Read Kristy for President Page 4


  Claudia nodded. “Well, we could use them both …”

  “Whichever we choose, we can’t do that right away,” said Stacey, being practical. “To make buttons we need dozens and dozens of the same design.”

  “You’re right, Stace. I need to make a whole sheet of designs, and then we can do color Xeroxes of the sheet and cut the designs out. That’ll save time.”

  “And meanwhile we can start on the posters. And if we don’t finish them this afternoon, I can ask David Michael to help me finish them at home.”

  Claudia started pulling out newspapers to spread around on the floor, and paint and Magic Markers, and soon we were making posters while Claud concentrated on the sheet of button designs.

  We worked for awhile, and just as I was beginning to think seriously about pizza, there was a knock on the door. Claudia opened it to find her sister, Janine.

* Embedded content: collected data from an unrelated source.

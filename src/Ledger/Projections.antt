-- ===== src/Ledger/Projections.antt =====
-- packages/core/src/belief_ledger_core/projections.py: the handler of each kind of event, and
-- `apply_event`, on the projection tables and the heads of the episodes' chains.
use belief_ledger_pramana.Prelude.{
  ℕ, Bool, true, false, Option, none, some, List, [], ◌∷◌, any, on_option, ◌==◌, if◌then◌else◌,
}
use belief_ledger_pramana.Models.{TaskState, NoticeState}
use belief_ledger_pramana.Ledger.Results.{Error, Result, ok, ◌>>=◌, ◌>>◌, require, each}
use belief_ledger_pramana.Ledger.Events.{Event, Payload, Ports}
use belief_ledger_pramana.Ledger.Tables.{
  PromotionState, Tables, update_id, source_entity, evidence_entity, belief_entity, support_entity,
  justification_entity, defeat_entity, task_entity, conflict_entity, retraction_entity,
}
use belief_ledger_pramana.Ledger.Inserts.{
  require_entity_episode, insert_episode, insert_source, insert_evidence, insert_justification,
  insert_belief, insert_support, insert_defeat, insert_task, insert_conflict, insert_retraction,
  insert_rendered, insert_verdict, insert_usage,
}
use belief_ledger_pramana.Ledger.Updates.{
  record_for_event, update_episode, apply_episode_state_changed, add_delta, update_source,
  update_belief, set_belief_status, refresh_reference, complete_task, resolve_conflict, set_notice,
  replace_unpromoted, finish_unpromoted, insert_lint, insert_gate, insert_response,
}

module _ (ports : Ports) where
  -- `_EVENT_HANDLERS`, on the kind and the payload.
  unfoldable pub handle : Event → Payload → Tables → Result Tables
  handle e (Payload.episode_created r) t = do
    require (r.id == e.episode_id) Error.foreign_record
    insert_episode r t
  handle e (Payload.episode_turn_started turn updated_at) t = ok (
      update_episode e.episode_id (λ x. record x { current_turn = turn; updated_at = updated_at })
        t)
  handle e (Payload.episode_stakes_changed to) t = ok (
      update_episode e.episode_id (λ x. record x { default_stakes = to; updated_at = e.timestamp })
        t)
  handle e (Payload.episode_state_changed state updated_at key) t =
      apply_episode_state_changed state updated_at key e.episode_id t
  handle e (Payload.source_registered r) t = do record_for_event r.episode_id e; insert_source r t
  handle e (Payload.source_stats_updated stats competence) t = do
    require_entity_episode t.sources e.aggregate_id e.episode_id
    ok (update_source e.aggregate_id (λ x. record x { stats = stats; competence = competence }) t)
  handle e (Payload.source_stats_delta d) t = do
    require_entity_episode t.sources e.aggregate_id e.episode_id
    ok (update_source e.aggregate_id (λ x. record x { stats = add_delta d x.stats }) t)
  handle e (Payload.evidence_ingested r) t = do record_for_event r.episode_id e; insert_evidence r t
  handle e (Payload.belief_admitted r transport) t = do
    record_for_event r.episode_id e
    insert_belief ports r transport t
  handle e (Payload.support_added r) t = do record_for_event r.episode_id e; insert_support r t
  handle e (Payload.support_activity_changed active) t = do
    require_entity_episode t.supports e.aggregate_id e.episode_id
    ok (record t {
      supports = update_id e.aggregate_id (λ x. record x { active = active }) t.supports;
    })
  handle e (Payload.justification_added r) t = insert_justification e.episode_id r t
  handle e (Payload.justification_audited audit) t = do
    require_entity_episode t.justifications e.aggregate_id e.episode_id
    ok (record t {
      justifications = update_id e.aggregate_id (λ x. record x { audit = audit }) t.justifications;
    })
  handle e (Payload.defeat_added r) t = do record_for_event r.episode_id e; insert_defeat r t
  handle e (Payload.defeat_activity_changed active) t = do
    require_entity_episode t.defeats e.aggregate_id e.episode_id
    ok (record t {
      defeats = update_id e.aggregate_id (λ x. record x { active = active }) t.defeats;
    })
  handle e (Payload.belief_status_changed to) t = do
    require_entity_episode t.beliefs e.aggregate_id e.episode_id
    ok (set_belief_status ports.has_fts e.aggregate_id to t)
  handle e (Payload.belief_admission_changed to) t = do
    require_entity_episode t.beliefs e.aggregate_id e.episode_id
    ok (update_belief e.aggregate_id (λ x. record x { admission_status = to }) t)
  handle e (Payload.belief_observation_refreshed ref observed_at) t = do
    require_entity_episode t.beliefs e.aggregate_id e.episode_id
    require_entity_episode t.evidence ref.evidence_id e.episode_id
    ok (
        refresh_reference e.aggregate_id ref
          (update_belief e.aggregate_id (λ x. record x { observed_at = observed_at }) t))
  handle e (Payload.belief_corroboration_changed to) t = do
    require_entity_episode t.beliefs e.aggregate_id e.episode_id
    ok (update_belief e.aggregate_id (λ x. record x { corroboration = to }) t)
  handle e (Payload.verification_created r) t = do record_for_event r.episode_id e; insert_task r t
  handle e (Payload.verification_completed result state) t = do
    require_entity_episode t.verification_tasks e.aggregate_id e.episode_id
    complete_task e.aggregate_id result (on_option state TaskState.completed (λ s. s)) t
  handle e (Payload.conflict_opened r) t = do record_for_event r.episode_id e; insert_conflict r t
  handle e Payload.conflict_resolved t = do
    require_entity_episode t.conflicts e.aggregate_id e.episode_id
    resolve_conflict e.aggregate_id t
  handle e (Payload.retraction_created r) t = do
    record_for_event r.episode_id e
    insert_retraction r t
  handle e Payload.retraction_acknowledged t = do
    require_entity_episode t.retractions e.aggregate_id e.episode_id
    ok (set_notice e.aggregate_id NoticeState.acknowledged t)
  handle e Payload.retraction_expired t = do
    require_entity_episode t.retractions e.aggregate_id e.episode_id
    ok (set_notice e.aggregate_id NoticeState.lapsed t)
  handle e (Payload.context_compiled rendered) t = each (insert_rendered e.episode_id) rendered t
  handle e (Payload.component_verdict_recorded r) t = do
    record_for_event r.episode_id e
    insert_verdict r t
  handle e (Payload.llm_usage_recorded r) t = do record_for_event r.episode_id e; insert_usage r t
  handle e (Payload.unpromoted_evidence_added evidence_id profile reason) t = do
    require_entity_episode t.evidence evidence_id e.episode_id
    ok (
        replace_unpromoted
          (record {
            episode_id = e.episode_id;
            evidence_id = evidence_id;
            source_profile = profile;
            state = PromotionState.open_promotion;
            reason = reason;
          })
          t)
  handle e (Payload.unpromoted_evidence_resolved evidence_id reason) t =
      ok (finish_unpromoted e.episode_id evidence_id PromotionState.resolved reason t)
  handle e (Payload.unpromoted_evidence_failed evidence_id reason) t =
      ok (finish_unpromoted e.episode_id evidence_id PromotionState.failed reason t)
  handle e (Payload.lint_recorded response_hash passed report) t =
      insert_lint
        (record {
          event_id = e.id;
          episode_id = e.episode_id;
          response_hash = response_hash;
          passed = passed;
          report = report;
        })
        t
  handle e (Payload.gate_decided tool_name args_hash outcome reason_code detail) t =
      insert_gate
        (record {
          event_id = e.id;
          episode_id = e.episode_id;
          tool_name = tool_name;
          args_hash = args_hash;
          outcome = outcome;
          reason_code = reason_code;
          detail = detail;
        })
        t
  handle e (Payload.assistant_response_recorded turn_id digest content) t =
      insert_response
        (record {
          event_id = e.id;
          episode_id = e.episode_id;
          turn_id = turn_id;
          content_hash = digest;
          content = content;
        })
        t
  handle e (Payload.unprojected kind) t = ok t

abbrev pub creates_episode : Payload → Bool
creates_episode (Payload.episode_created _) = true
creates_episode _ = false

-- `_require_episode_exists`
abbrev pub require_episode_exists : ℕ → Tables → Result (Unit {0})
require_episode_exists episode_id t =
    require (any (λ x. x.id == episode_id) t.episodes) Error.no_episode

-- `event_heads`: an episode with the number and the hash of its last event, the oldest first.
abbrev pub Heads : Type 0
Heads = List (ℕ × (ℕ × ℕ))

-- A dictionary, or a table, whose key keeps its place when its value is written again.
unfoldable pub upsert : {A : Type 0} → ℕ → A → List (ℕ × A) → List (ℕ × A)
upsert k v [] = (k, v) ∷ []
upsert k v (x ∷ xs) = let rest = upsert k v xs in if k == x.0 then (k, v) ∷ xs else x ∷ rest

unfoldable pub lookup : {A : Type 0} → ℕ → List (ℕ × A) → Option A
lookup k [] = none
lookup k (x ∷ xs) = if k == x.0 then some x.1 else lookup k xs

-- What the events are projected to.
pub record Projections : Type 0 where
  pub tables : Tables
  pub heads : Heads

unfoldable pub apply_event : Ports → Event → Projections → Result Projections
apply_event ports e p = do
  if creates_episode e.payload then ok tt else require_episode_exists e.episode_id p.tables
  t ← handle ports e e.payload p.tables
  ok (record { tables = t; heads = upsert e.episode_id (e.seq, e.event_hash) p.heads })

  Standing next to each other, Claudia and Janine couldn’t have looked more different, even though that day Claudia was dressed fairly conservatively: white jeans, red shoes with big bows, a tropical jungle shirt with each button shaped like a piece of fruit, and her hair pulled to one side over her shoulder with a banana barrette. But Janine, with her short hair and bangs, her pullover sweater, and plain skirt and loafers, made Claudia look extremely exotic.

  “I believe you would be glad to know that a pizza delivery has just been effected,” said Janine. She talks like that all the time. It’s part of being a genius.

  “Right,” said Claudia. I got up, pulling the money out of my pocket, and ran downstairs with her.

  When we got back upstairs, carrying the pizza and balancing napkins and plates and Diet Cokes, Janine had stepped into the room and was studying the posters we’d finished and propped against one wall to dry.

  “You’ve chosen a logo, I see.” She peered over her glasses more closely at one of them. “It’s quite a good one. Simple, but striking. That’s extremely important in product identification. The consumer has to be able to make the association readily between the identifying symbol and what it represents.”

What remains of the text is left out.